Al llegar a las cocheras, veo al auto estacionado, y el cadáver en su interior. Un hombre sentado, con la cabeza apoyada en la butaca, como si estuviera descansando. Pero no descansa. No señor. Está bien muerto.
Y le faltan los ojos.
En su lugar, dos horrendos agujeros sangrantes.
La boca en un gesto de espanto, como si antes de morir hubiera visto a su propia suegra.
—Siempre lo mismo. Cuando me estoy por ir a casa a ver televisión, alguien decide matar a alguien, y aquí estamos.
Carlos, el forense, se enoja fácilmente por boludeces. Yo lo conozco bien. Trabaja con Iván en todos aquellos casos considerados “complejos”. Muy bueno en su profesión, minucioso y pulcro, dice leer al dedillo los cadáveres en todas sus fases. Pero la verdad es que para mí Carlos es un reverendo pelotudo.
Iván se acerca a Carlos.
—La víctima se llama Francisco Pereda —dice Carlos—. Sesenta y cuatro años. Era oftalmólogo de esta clínica, una eminencia.
—Un oftalmólogo que curiosamente muere sin sus ojos —pienso en voz alta.
—Creemos que fue atacado en su propio auto. Lo tomaron de atrás por sorpresa. Le clavaron algo punzante en el hígado y luego procedieron a realizar un trabajo muy fino.
Me aproximo a las cuencas donde antes estaban los ojos.
Percibo rasguños y cortes, como si hubiesen utilizado un bisturí o algo por el estilo.
—Carlos, vení. Fijate.
—Arañazos de mujer, tal vez. O de algún travesti arrepentido —dice Carlos, riendo como una vieja tortuga.
A mí no me gusta que se rían en presencia de un muerto. Y menos Carlos.
Para nada me gusta que se ría. Confirmo que Carlos es un pelotudo.
Tampoco me agrada estar muy cerca de un cadáver.
Cuando terminamos el trabajo en la escena del crimen, sacaron el cuerpo del coche, lo subieron a una camilla, y lo introdujeron adentro de una bolsa de plástico blanco.
Inspecciono el tapizado del vehículo, y luego el piso, entre los pedales. Y encuentro algo.
—¿Qué es esto?
Iván saca de su bolsillo derecho una bolsita de polietileno. Mete su mano enguantada entre el freno y el acelerador.

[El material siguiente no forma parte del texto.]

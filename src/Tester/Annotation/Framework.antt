-- ===== src/Tester/Annotation/Framework.antt =====
-- What the test framework annotates, src/tester1/annotation.go: checkers, and the servers that are
-- disconnected or crashed. The store and the framework's state are global variables there, the
-- record `Timeline` here. `none` is a panic: no test was annotated yet, or a server's number is out
-- of range. How `Sprintf` prints a number or a list of numbers is a parameter.
pub mod Checker
pub mod Fault
pub mod Faults
pub mod Refinement
use Prim.Native.String.{◌++◌ as cat}
use pluggable_sharded_fault.Base.{
  ℕ, zero, suc, ◌+◌, Bool, true, false, not, ◌&&◌, ◌||◌, Option, none, some, List, [], ◌∷◌, ◌++◌,
  String, get_elem?, set, replicate, length, if◌then◌else◌, eqb,
}
use pluggable_sharded_fault.Tester.Group.{all_from}
use pluggable_sharded_fault.Tester.Annotation.{
  Annotation, clear, annotate_point_color, annotate_interval_color, annotate_continuous_color,
  annotate_continuous_end, tag_checker, tag_partition, tag_info, color_info, color_fault, cleanup,
}

pub record CheckerBegin : Type 0 where
  pub ts : ℕ
  pub details : String

pub record FrameworkInfo : Type 0 where
  pub nservers : ℕ
  pub connected : List Bool
  pub crashed : List Bool
  pub ckbegin : CheckerBegin

pub record Timeline : Type 0 where
  pub annotation : Annotation
  pub finfo : Option FrameworkInfo

unfoldable pub make_framework_info : ℕ → FrameworkInfo
make_framework_info nservers = record {
  nservers = nservers;
  connected = replicate nservers true;
  crashed = replicate nservers false;
  ckbegin = record { ts = 0; details = "" };
}

abbrev pub color_neutral : String
color_neutral = "#FFECB3"

abbrev pub color_success : String
color_success = "#C8E6C9"

abbrev pub color_failure : String
color_failure = "#FFCDD2"

unfoldable pub annotate_info : String → String → ℕ → Annotation → Annotation
annotate_info desp details now an = annotate_point_color tag_info desp details color_info now an

unfoldable pub annotate_info_interval : ℕ → String → String → ℕ → Annotation → Annotation
annotate_info_interval start desp details now an =
    annotate_interval_color tag_info start desp details color_info now an

unfoldable pub annotate_checker_begin : String → ℕ → Timeline → Option Timeline
annotate_checker_begin details now tl = elim tl.finfo [
  | none ↦ none
  | some fi ↦
      some (record tl {
        finfo = some (record fi { ckbegin = record { ts = now; details = details } });
      })
]

-- The reset at the end writes a local copy, so that nothing of it is left.
unfoldable pub annotate_checker_end : String → String → String → ℕ → Timeline → Option Timeline
annotate_checker_end desp details color now tl = elim tl.finfo [
  | none ↦ none
  | some fi ↦
      if eqb fi.ckbegin.ts 0
      then some (record tl {
        annotation = annotate_point_color tag_checker desp details color now tl.annotation;
      })
      else some (record tl {
        annotation =
            annotate_interval_color tag_checker fi.ckbegin.ts desp
              (cat (cat fi.ckbegin.details ": ") details) color now tl.annotation;
      })
]

unfoldable pub annotate_checker_success : String → String → ℕ → Timeline → Option Timeline
annotate_checker_success desp details now tl =
    annotate_checker_end desp details color_success now tl

unfoldable pub annotate_checker_failure : String → String → ℕ → Timeline → Option Timeline
annotate_checker_failure desp details now tl =
    annotate_checker_end desp details color_failure now tl

unfoldable pub annotate_checker_neutral : String → String → ℕ → Timeline → Option Timeline
annotate_checker_neutral desp details now tl =
    annotate_checker_end desp details color_neutral now tl

-- `slices.Equal`
unfoldable pub equal : List Bool → List Bool → Bool
equal [] [] = true
equal (true ∷ xs) (true ∷ ys) = equal xs ys
equal (false ∷ xs) (false ∷ ys) = equal xs ys
equal _ _ = false

-- Go's `copy`, into the first slice
unfoldable pub copy_bools : List Bool → List Bool → List Bool
copy_bools [] src = []
copy_bools (b ∷ dst) [] = b ∷ dst
copy_bools (b ∷ dst) (s ∷ src) = s ∷ copy_bools dst src

-- Whether a server is disconnected or crashed
unfoldable pub is_faulty : FrameworkInfo → Bool
is_faulty fi = not (
    equal (replicate fi.nservers true) fi.connected
    && equal (replicate fi.nservers false) fi.crashed)

-- `crashed[id] = b` for each server, and whether this changed a server
unfoldable pub set_crashed : Bool → List ℕ → List Bool → Option (List Bool × Bool)
set_crashed b [] crashed = some (crashed, false)
set_crashed b (id ∷ ids) crashed = elim (get_elem? crashed id) [
  | none ↦ none
  | some was ↦ elim (set_crashed b ids (set crashed id b)) [
    | none ↦ none
    | some (last, changed) ↦ some (last, not (equal (was ∷ []) (b ∷ [])) || changed)
  ]
]

module _ (print : ℕ → String) (print_all : List ℕ → String) where
  unfoldable pub annotate_test : String → ℕ → ℕ → Timeline → Timeline
  annotate_test desp nservers now tl =
      let details = cat desp (cat " (" (cat (print nservers) " servers)")) in
      record {
        annotation = annotate_info details details now (clear tl.annotation);
        finfo = some (make_framework_info nservers);
      }

  -- The loop of `annotateFault`: the text, the connected servers and the crashed ones
  unfoldable pub fault_parts :
      ℕ → List Bool → List Bool → String → List ℕ → List ℕ → Option (String × List ℕ × List ℕ)
  fault_parts id [] crashed text conn crashes = some (text, conn, crashes)
  fault_parts id (c ∷ connected) [] text conn crashes = none
  fault_parts id (c ∷ connected) (true ∷ crashed) text conn crashes =
      fault_parts (id + 1) connected crashed text conn (crashes ++ (id ∷ []))
  fault_parts id (true ∷ connected) (false ∷ crashed) text conn crashes =
      fault_parts (id + 1) connected crashed text (conn ++ (id ∷ [])) crashes
  fault_parts id (false ∷ connected) (false ∷ crashed) text conn crashes =
      fault_parts (id + 1) connected crashed (cat text (cat "[" (cat (print id) "] "))) conn crashes

  unfoldable pub fault_text : String × List ℕ × List ℕ → String
  fault_text (text, conn, crashes) =
      let shown = if eqb (length conn) 0 then text else cat text (print_all conn) in
      if eqb (length crashes) 0 then shown else cat shown (cat " / crash = " (print_all crashes))

  unfoldable pub annotate_fault : FrameworkInfo → ℕ → Annotation → Option Annotation
  annotate_fault fi now an =
      if is_faulty fi
      then elim (fault_parts 0 fi.connected fi.crashed "partition = " [] []) [
        | none ↦ none
        | some parts ↦ some (
            annotate_continuous_color tag_partition (fault_text parts) (fault_text parts)
              color_fault now an)
      ]
      else some (annotate_continuous_end tag_partition now an)

  -- The state is written before the fault is annotated.
  unfoldable pub fault_changed : FrameworkInfo → ℕ → Timeline → Option Timeline
  fault_changed fi now tl = elim (annotate_fault fi now tl.annotation) [
    | none ↦ none
    | some an ↦ some (record { annotation = an; finfo = some fi })
  ]

  unfoldable pub annotate_connection : List Bool → ℕ → Timeline → Option Timeline
  annotate_connection connection now tl = elim tl.finfo [
    | none ↦ none
    | some fi ↦
        if equal fi.connected connection
        then some tl
        else fault_changed (record fi { connected = copy_bools fi.connected connection }) now tl
  ]

  unfoldable pub annotate_two_partitions : List ℕ → List ℕ → ℕ → Annotation → Annotation
  annotate_two_partitions p1 p2 now an =
      let text = cat "partition = " (cat (print_all p1) (cat " " (print_all p2))) in
      annotate_continuous_color tag_partition text text color_fault now an

  -- Shutting down (`true`) and restarting (`false`)
  unfoldable pub crash : Bool → List ℕ → ℕ → Timeline → Option Timeline
  crash b servers now tl = elim tl.finfo [
    | none ↦ none
    | some fi ↦ elim (set_crashed b servers fi.crashed) [
      | none ↦ none
      | some (crashed, true) ↦ fault_changed (record fi { crashed = crashed }) now tl
      | some (crashed, false) ↦ some (record tl { finfo = some (record fi { crashed = crashed }) })
    ]
  ]

  unfoldable pub annotate_shutdown : List ℕ → ℕ → Timeline → Option Timeline
  annotate_shutdown servers now tl = crash true servers now tl

  unfoldable pub annotate_restart : List ℕ → ℕ → Timeline → Option Timeline
  annotate_restart servers now tl = crash false servers now tl

  abbrev servers_of : Timeline → List ℕ
  servers_of tl = elim tl.finfo [ none ↦ [] | some fi ↦ all_from 0 fi.nservers ]

  unfoldable pub annotate_shutdown_all : ℕ → Timeline → Option Timeline
  annotate_shutdown_all now tl = annotate_shutdown (servers_of tl) now tl

  unfoldable pub annotate_restart_all : ℕ → Timeline → Option Timeline
  annotate_restart_all now tl = annotate_restart (servers_of tl) now tl

unfoldable pub annotate_clear_failure : ℕ → Timeline → Option Timeline
annotate_clear_failure now tl = elim tl.finfo [
  | none ↦ none
  | some fi ↦ some (record {
    annotation = annotate_continuous_end tag_partition now tl.annotation;
    finfo = some (record fi {
      connected = replicate (length fi.connected) true;
      crashed = replicate (length fi.crashed) false;
    });
  })
]

-- The values of `VIS_ENABLE`, and the times of the two steps
unfoldable pub annotate_checker_failure_before_exit :
    String → String → String → ℕ → ℕ → ℕ → Timeline → Option Timeline
annotate_checker_failure_before_exit enabled desp details now later last tl =
    elim (annotate_checker_failure desp details now tl) [
      | none ↦ none
      | some ended ↦ some (record ended {
        annotation = (cleanup enabled true "test failed" later last ended.annotation).1;
      })
    ]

Los tres observamos extasiados el pequeño objeto en la mano de Roverez: una pequeña y afilada uña. Como la de los gatos.
Esa misma noche, Iván y yo nos reunimos en mi departamento. Entre tragos de ginebra, hablamos del caso.

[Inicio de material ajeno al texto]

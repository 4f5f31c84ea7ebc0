-- ===== src/Tester/Annotation/Framework/Checker.antt =====
-- What the ends of a checker mark.
use Prim.Native.String.{◌++◌ as cat}
use pluggable_sharded_fault.Base.{
  ℕ, ◌≡◌, ◌≢◌, refl, ◌∙◌, sym, Option, none, some, List, [], ◌∷◌, ◌++◌, String, arith,
}
use mathlib.Core.List.{append_assoc, append-nil}
use pluggable_sharded_fault.Tester.Annotation.{Mark, tag_checker, annotate_interval_color}
use pluggable_sharded_fault.Tester.Annotation.Framework.{
  FrameworkInfo, Timeline, annotate_checker_begin, annotate_checker_end,
}

-- The end of a check: its text, details and colour, and its time
pub record CheckerEnd : Type 0 where
  pub desp : String
  pub details : String
  pub color : String
  pub now : ℕ

unfoldable pub end_all : List CheckerEnd → Timeline → Option Timeline
end_all [] tl = some tl
end_all (e ∷ ends) tl = elim (annotate_checker_end e.desp e.details e.color e.now tl) [
  | none ↦ none
  | some us ↦ end_all ends us
]

-- The marks of checks that began at one time
unfoldable pub marks_since : ℕ → String → List CheckerEnd → List Mark
marks_since ts begun [] = []
marks_since ts begun (e ∷ ends) =
    record {
      tag = tag_checker;
      start = ts;
      stop = e.now;
      desp = e.desp;
      details = cat (cat begun ": ") e.details;
      bgcolor = e.color;
    }
    ∷ marks_since ts begun ends

ends-marks :
    (ends : List CheckerEnd) (tl : Timeline) (fi : FrameworkInfo)
    → tl.finfo ≡ some fi
    → fi.ckbegin.ts ≢ 0
    → (us : Timeline) × (end_all ends tl ≡ some us)
      × (us.annotation.annotations
          ≡ tl.annotation.annotations ++ marks_since fi.ckbegin.ts fi.ckbegin.details ends)
      × (us.finfo ≡ some fi)
unfolding end_all marks_since annotate_checker_end annotate_interval_color
ends-marks [] tl fi there begun = (tl, refl, sym (append-nil tl.annotation.annotations), there)
ends-marks (e ∷ ends) tl fi there begun =
    let mark : Mark = record {
      tag = tag_checker;
      start = fi.ckbegin.ts;
      stop = e.now;
      desp = e.desp;
      details = cat (cat fi.ckbegin.details ": ") e.details;
      bgcolor = e.color;
    } in
    let next : Timeline = record tl {
      annotation = record tl.annotation { annotations = tl.annotation.annotations ++ (mark ∷ []) };
    } in
    let (us, all, marks, same) = ends-marks ends next fi there begun in
    (
      us,
      ground (arith, there, begun, all),
      marks
          ∙ append_assoc tl.annotation.annotations (mark ∷ [])
              (marks_since fi.ckbegin.ts fi.ckbegin.details ends),
      same,
    )

-- After a checker has begun, at a time that is not 0, every end is marked as an interval from
-- that time, however many ends there are: an end does not take the begin back.
pub begin-ends :
    (details : String) (ts : ℕ) (ends : List CheckerEnd) (tl : Timeline) (fi : FrameworkInfo)
    → tl.finfo ≡ some fi
    → ts ≢ 0
    → (begun : Timeline) × (us : Timeline) × (annotate_checker_begin details ts tl ≡ some begun)
      × (end_all ends begun ≡ some us)
      × (us.annotation.annotations ≡ tl.annotation.annotations ++ marks_since ts details ends)
unfolding annotate_checker_begin
begin-ends details ts ends tl fi there later =
    let begun : FrameworkInfo = record fi { ckbegin = record { ts = ts; details = details } } in
    let next : Timeline = record tl { finfo = some begun } in
    let (us, all, marks, _) = ends-marks ends next begun refl later in
    (next, us, ground (arith, there), all, marks)
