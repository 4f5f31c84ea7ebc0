-- ===== src/Tester/Annotation/Framework/Fault.antt =====
-- The fault annotation is on exactly while a server is disconnected or crashed.
use pluggable_sharded_fault.Base.{
  ℕ, zero, suc, ◌+◌, ◌<◌, ◌≡◌, refl, sym, ap, ◌∙◌, Bool, true, false, not, ◌||◌, some, List, [],
  ◌∷◌, String, get_elem?, set, length, mem, nat_eq, eqb_iff, get_elem?-set_lt, length-set,
  if◌then◌else◌, has, All, string_eq, has-insert, has-delete, arith, Option-cases, Bool-cases, inl,
  inr, get_elem?-lt, lookup,
}
use mathlib.Core.Path.{subst}
use pluggable_sharded_fault.Tester.Annotation.{
  Annotation, Continuous, annotate_continuous_color, annotate_continuous_end, tag_partition,
  color_fault,
}
use pluggable_sharded_fault.Tester.Annotation.Framework.{
  FrameworkInfo, Timeline, equal, copy_bools, is_faulty, set_crashed, fault_parts, fault_text,
  annotate_fault, fault_changed,
}

-- Both slices have an entry for each server.
abbrev pub IsSized : FrameworkInfo → Type 0
IsSized fi = (length fi.connected ≡ fi.nservers) × (length fi.crashed ≡ fi.nservers)

pub equal→eq : (xs ys : List Bool) → equal xs ys ≡ true → xs ≡ ys
unfolding equal
equal→eq [] [] h = refl
equal→eq [] (y ∷ ys) h = cc
equal→eq (x ∷ xs) [] h = ground (arith, h)
equal→eq (true ∷ xs) (true ∷ ys) h = ap (λ l. true ∷ l) (equal→eq xs ys h)
equal→eq (false ∷ xs) (false ∷ ys) h = ap (λ l. false ∷ l) (equal→eq xs ys h)
equal→eq (true ∷ xs) (false ∷ ys) h = cc
equal→eq (false ∷ xs) (true ∷ ys) h = cc

pub equal_refl : (xs : List Bool) → equal xs xs ≡ true
unfolding equal
equal_refl [] = refl
equal_refl (true ∷ xs) = equal_refl xs
equal_refl (false ∷ xs) = equal_refl xs

pub length-copy_bools : (dst src : List Bool) → length (copy_bools dst src) ≡ length dst
unfolding copy_bools
length-copy_bools [] src = refl
length-copy_bools (b ∷ dst) [] = refl
length-copy_bools (b ∷ dst) (s ∷ src) = ap suc (length-copy_bools dst src)

has-continuous_color :
    (tag desp details bgcolor : String) (now : ℕ) (an : Annotation)
    → has tag (annotate_continuous_color tag desp details bgcolor now an).continuous ≡ true
unfolding annotate_continuous_color
has-continuous_color tag desp details bgcolor now an =
    let next : Continuous = record {
      start = now;
      desp = desp;
      details = details;
      bgcolor = bgcolor;
    } in
    elim (Option-cases (lookup tag an.continuous)) [
      | inl e ↦ ground (arith, e, has-insert tag tag next an.continuous, string_eq.same_iff tag tag)
      | inr (c, e) ↦
          ground (arith, e, has-insert tag tag next an.continuous, string_eq.same_iff tag tag)
    ]

pub has-continuous_end :
    (tag : String) (now : ℕ) (an : Annotation)
    → has tag (annotate_continuous_end tag now an).continuous ≡ false
unfolding annotate_continuous_end
has-continuous_end tag now an =
    ground (arith, has-delete tag tag an.continuous, string_eq.same_iff tag tag)

-- A loop over slices of one length goes through.
module _ (print : ℕ → String) (print_all : List ℕ → String) where
  fault_parts-some :
      (id : ℕ) (connected crashed : List Bool) (text : String) (conn crashes : List ℕ)
      → length connected ≡ length crashed
      → (parts : String × List ℕ × List ℕ) × (fault_parts print print_all id connected crashed text
            conn crashes
          ≡ some parts)
  unfolding fault_parts
  fault_parts-some id [] crashed text conn crashes h = (_, refl)
  fault_parts-some id (c ∷ connected) [] text conn crashes h = absurd (omega (arith, h))
  fault_parts-some id (c ∷ connected) (true ∷ crashed) text conn crashes h =
      fault_parts-some (id + 1) connected crashed _ _ _ (omega (arith, h))
  fault_parts-some id (true ∷ connected) (false ∷ crashed) text conn crashes h =
      fault_parts-some (id + 1) connected crashed _ _ _ (omega (arith, h))
  fault_parts-some id (false ∷ connected) (false ∷ crashed) text conn crashes h =
      fault_parts-some (id + 1) connected crashed _ _ _ (omega (arith, h))

  -- After a change of the state the annotation is on exactly where a server is at fault.
  pub fault_changed-some :
      (fi : FrameworkInfo) (now : ℕ) (tl : Timeline)
      → IsSized fi
      → (us : Timeline) × (fault_changed print print_all fi now tl ≡ some us)
        × (us.finfo ≡ some fi)
        × (has tag_partition us.annotation.continuous ≡ is_faulty fi)
  unfolding fault_changed annotate_fault
  fault_changed-some fi now tl sized = elim (Bool-cases (is_faulty fi)) [
    | inl e ↦
        let (parts, found) =
          fault_parts-some 0 fi.connected fi.crashed "partition = " [] []
            (omega (arith, sized.0, sized.1)) in
        let text = fault_text print print_all parts in
        let an = annotate_continuous_color tag_partition text text color_fault now tl.annotation in
        (
          record { annotation = an; finfo = some fi },
          ground (arith, e, found),
          refl,
          has-continuous_color tag_partition text text color_fault now tl.annotation ∙ sym e,
        )
    | inr e ↦
        let an = annotate_continuous_end tag_partition now tl.annotation in
        (
          record { annotation = an; finfo = some fi },
          ground (arith, e),
          refl,
          has-continuous_end tag_partition now tl.annotation ∙ sym e,
        )
  ]

set-same : (xs : List Bool) (i : ℕ) (v : Bool) → get_elem? xs i ≡ some v → set xs i v ≡ xs
set-same [] i v h = refl
set-same (x ∷ xs) zero v h = ground (arith, h)
set-same (x ∷ xs) (suc i) v h = ap (λ l. x ∷ l) (set-same xs i v h)

-- Servers that exist are set, and the others stay as they are.
pub set_crashed-some :
    (b : Bool) (ids : List ℕ) (crashed : List Bool)
    → All (λ id. id < length crashed) ids
    → (after : List Bool) × (changed : Bool) × (set_crashed b ids crashed ≡ some (after, changed))
      × (length after ≡ length crashed)
      × (changed ≡ false → after ≡ crashed)
      × ((i : ℕ) → get_elem? after i ≡ (if mem i ids then some b else get_elem? crashed i))
unfolding set_crashed
set_crashed-some b [] crashed small = (crashed, false, refl, refl, λ h. refl, λ i. refl)
set_crashed-some b (id ∷ ids) crashed (less, small) =
    let (was, at) = get_elem?-lt crashed id less in
    let (after, changed, done, sized, same, each) =
      set_crashed-some b ids (set crashed id b)
        (subst (λ n. All (λ i. i < n) ids) (sym (length-set crashed id b)) small) in
    (
      after,
      not (equal (was ∷ []) (b ∷ [])) || changed,
      ground (arith, at, done),
      sized ∙ length-set crashed id b,
      λ h.
          let kept : was ≡ b = ground (arith, h, equal→eq (was ∷ []) (b ∷ [])) in
          same (ground (arith, h)) ∙ set-same crashed id b (ground (arith, at, kept)),
      λ i. ground (arith, each i, get_elem?-set_lt crashed id i b less, eqb_iff id i),
    )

—El tipo tenía un gran prestigio en la clínica, pero había gente que lo envidiaba.
—La envidia, a veces, es buena, pero no al punto de sacarle los ojos —digo.
Iván desecha el comentario y continúa:
—Hace poco había discutido con su colega Marcelo Correa, por un ascenso. Los dos se disputaban un puesto como Director de la Clínica San Lucas. Se envidiaban, y esa tarde discutieron. Dicen los que escuchan a través de las paredes que casi se fueron a las manos. Pero un custodio los separó.
Abro mi aparador turquesa y saco un habano. Sí, es turquesa por mi novia, que ama ese color. No me gusta fumar cigarrillos de filtro, pero sí puros y habanos. Lo hago antes de emprender una novela, cuando la hoja aún está en blanco. Es un elemento más de inspiración. Eso, y una botella de Jack Daniel´s contribuyen a que la musa inspiradora se instale en mi casa por un rato, si es que existe esa puta musa.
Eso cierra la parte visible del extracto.